The required output is the lines below from the line containing "judge_within status a b = ground arith" to the line containing "(p, e, ground", inclusive, retyped exactly. No other lines belong in it.

----------

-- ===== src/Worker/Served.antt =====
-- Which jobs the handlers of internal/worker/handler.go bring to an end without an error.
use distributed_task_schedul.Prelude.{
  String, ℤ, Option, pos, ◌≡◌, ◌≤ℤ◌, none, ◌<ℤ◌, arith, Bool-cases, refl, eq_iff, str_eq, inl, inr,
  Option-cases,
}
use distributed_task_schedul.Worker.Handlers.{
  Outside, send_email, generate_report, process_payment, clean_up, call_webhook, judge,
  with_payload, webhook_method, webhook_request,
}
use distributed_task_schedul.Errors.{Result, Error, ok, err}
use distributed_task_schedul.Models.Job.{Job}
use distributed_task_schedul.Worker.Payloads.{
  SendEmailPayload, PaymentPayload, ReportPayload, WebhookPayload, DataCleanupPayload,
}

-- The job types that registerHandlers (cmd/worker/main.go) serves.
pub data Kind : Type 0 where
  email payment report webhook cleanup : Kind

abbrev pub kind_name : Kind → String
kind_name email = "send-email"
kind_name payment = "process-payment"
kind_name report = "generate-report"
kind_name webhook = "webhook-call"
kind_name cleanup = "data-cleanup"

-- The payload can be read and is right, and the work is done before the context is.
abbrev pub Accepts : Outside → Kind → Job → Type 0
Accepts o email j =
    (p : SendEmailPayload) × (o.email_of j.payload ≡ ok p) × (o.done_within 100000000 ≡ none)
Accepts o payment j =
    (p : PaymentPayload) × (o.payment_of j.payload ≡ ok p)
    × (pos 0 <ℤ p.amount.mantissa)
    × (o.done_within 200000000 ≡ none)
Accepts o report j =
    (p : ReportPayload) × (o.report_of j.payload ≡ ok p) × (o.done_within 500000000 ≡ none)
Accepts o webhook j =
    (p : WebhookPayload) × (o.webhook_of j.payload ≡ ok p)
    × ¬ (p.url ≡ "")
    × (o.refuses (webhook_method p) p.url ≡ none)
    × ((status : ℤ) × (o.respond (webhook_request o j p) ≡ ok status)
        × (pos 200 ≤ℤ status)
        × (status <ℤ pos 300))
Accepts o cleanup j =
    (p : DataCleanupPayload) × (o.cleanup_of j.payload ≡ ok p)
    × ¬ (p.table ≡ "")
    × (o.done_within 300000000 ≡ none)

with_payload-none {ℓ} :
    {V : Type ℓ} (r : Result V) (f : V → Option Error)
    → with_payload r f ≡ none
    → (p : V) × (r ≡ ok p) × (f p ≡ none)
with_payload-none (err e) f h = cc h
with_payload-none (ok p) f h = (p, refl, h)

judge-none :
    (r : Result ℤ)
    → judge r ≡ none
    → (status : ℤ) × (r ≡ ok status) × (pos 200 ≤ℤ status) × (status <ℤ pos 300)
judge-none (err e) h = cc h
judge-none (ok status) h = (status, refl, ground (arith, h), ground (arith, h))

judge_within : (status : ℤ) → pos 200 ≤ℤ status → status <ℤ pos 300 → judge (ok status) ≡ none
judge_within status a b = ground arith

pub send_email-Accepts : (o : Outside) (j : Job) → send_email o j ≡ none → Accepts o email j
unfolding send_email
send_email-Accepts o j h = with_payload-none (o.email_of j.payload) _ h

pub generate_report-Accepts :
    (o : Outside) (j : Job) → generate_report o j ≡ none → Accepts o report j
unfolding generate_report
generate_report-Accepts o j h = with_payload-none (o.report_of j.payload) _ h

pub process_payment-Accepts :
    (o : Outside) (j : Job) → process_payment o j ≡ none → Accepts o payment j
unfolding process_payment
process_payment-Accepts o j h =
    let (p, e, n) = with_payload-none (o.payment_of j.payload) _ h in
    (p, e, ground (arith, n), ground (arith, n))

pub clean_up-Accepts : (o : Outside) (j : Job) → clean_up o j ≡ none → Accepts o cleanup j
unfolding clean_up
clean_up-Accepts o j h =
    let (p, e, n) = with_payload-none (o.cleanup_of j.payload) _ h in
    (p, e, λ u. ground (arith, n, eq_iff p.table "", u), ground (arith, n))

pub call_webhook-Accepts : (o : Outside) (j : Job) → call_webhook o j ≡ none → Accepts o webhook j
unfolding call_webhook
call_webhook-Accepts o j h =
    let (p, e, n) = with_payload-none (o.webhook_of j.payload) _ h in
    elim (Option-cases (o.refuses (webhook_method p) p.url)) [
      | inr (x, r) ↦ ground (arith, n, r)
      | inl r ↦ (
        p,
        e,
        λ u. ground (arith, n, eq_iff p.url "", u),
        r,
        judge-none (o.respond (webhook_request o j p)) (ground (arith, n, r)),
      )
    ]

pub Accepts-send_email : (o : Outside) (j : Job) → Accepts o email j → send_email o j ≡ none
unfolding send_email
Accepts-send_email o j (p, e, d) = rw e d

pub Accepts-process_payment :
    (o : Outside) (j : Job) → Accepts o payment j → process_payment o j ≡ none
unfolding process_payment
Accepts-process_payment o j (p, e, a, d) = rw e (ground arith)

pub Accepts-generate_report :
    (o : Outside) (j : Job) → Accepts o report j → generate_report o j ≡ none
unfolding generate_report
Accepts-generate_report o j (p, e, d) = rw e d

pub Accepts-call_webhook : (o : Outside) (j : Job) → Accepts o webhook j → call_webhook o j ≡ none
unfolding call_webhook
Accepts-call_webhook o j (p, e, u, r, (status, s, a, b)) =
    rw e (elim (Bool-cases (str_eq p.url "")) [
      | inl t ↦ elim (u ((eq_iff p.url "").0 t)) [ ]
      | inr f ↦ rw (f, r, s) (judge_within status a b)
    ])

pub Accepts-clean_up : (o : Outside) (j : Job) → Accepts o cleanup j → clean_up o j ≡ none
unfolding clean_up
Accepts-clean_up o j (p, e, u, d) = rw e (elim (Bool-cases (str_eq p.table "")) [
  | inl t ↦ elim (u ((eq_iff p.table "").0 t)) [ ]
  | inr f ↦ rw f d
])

----------

** Solution below **
judge_within status a b = ground arith

pub send_email-Accepts : (o : Outside) (j : Job) → send_email o j ≡ none → Accepts o email j
unfolding send_email
send_email-Accepts o j h = with_payload-none (o.email_of j.payload) _ h

pub generate_report-Accepts :
    (o : Outside) (j : Job) → generate_report o j ≡ none → Accepts o report j
unfolding generate_report
generate_report-Accepts o j h = with_payload-none (o.report_of j.payload) _ h

pub process_payment-Accepts :
    (o : Outside) (j : Job) → process_payment o j ≡ none → Accepts o payment j
unfolding process_payment
process_payment-Accepts o j h =
    let (p, e, n) = with_payload-none (o.payment_of j.payload) _ h in
    (p, e, ground (arith, n), ground (arith, n))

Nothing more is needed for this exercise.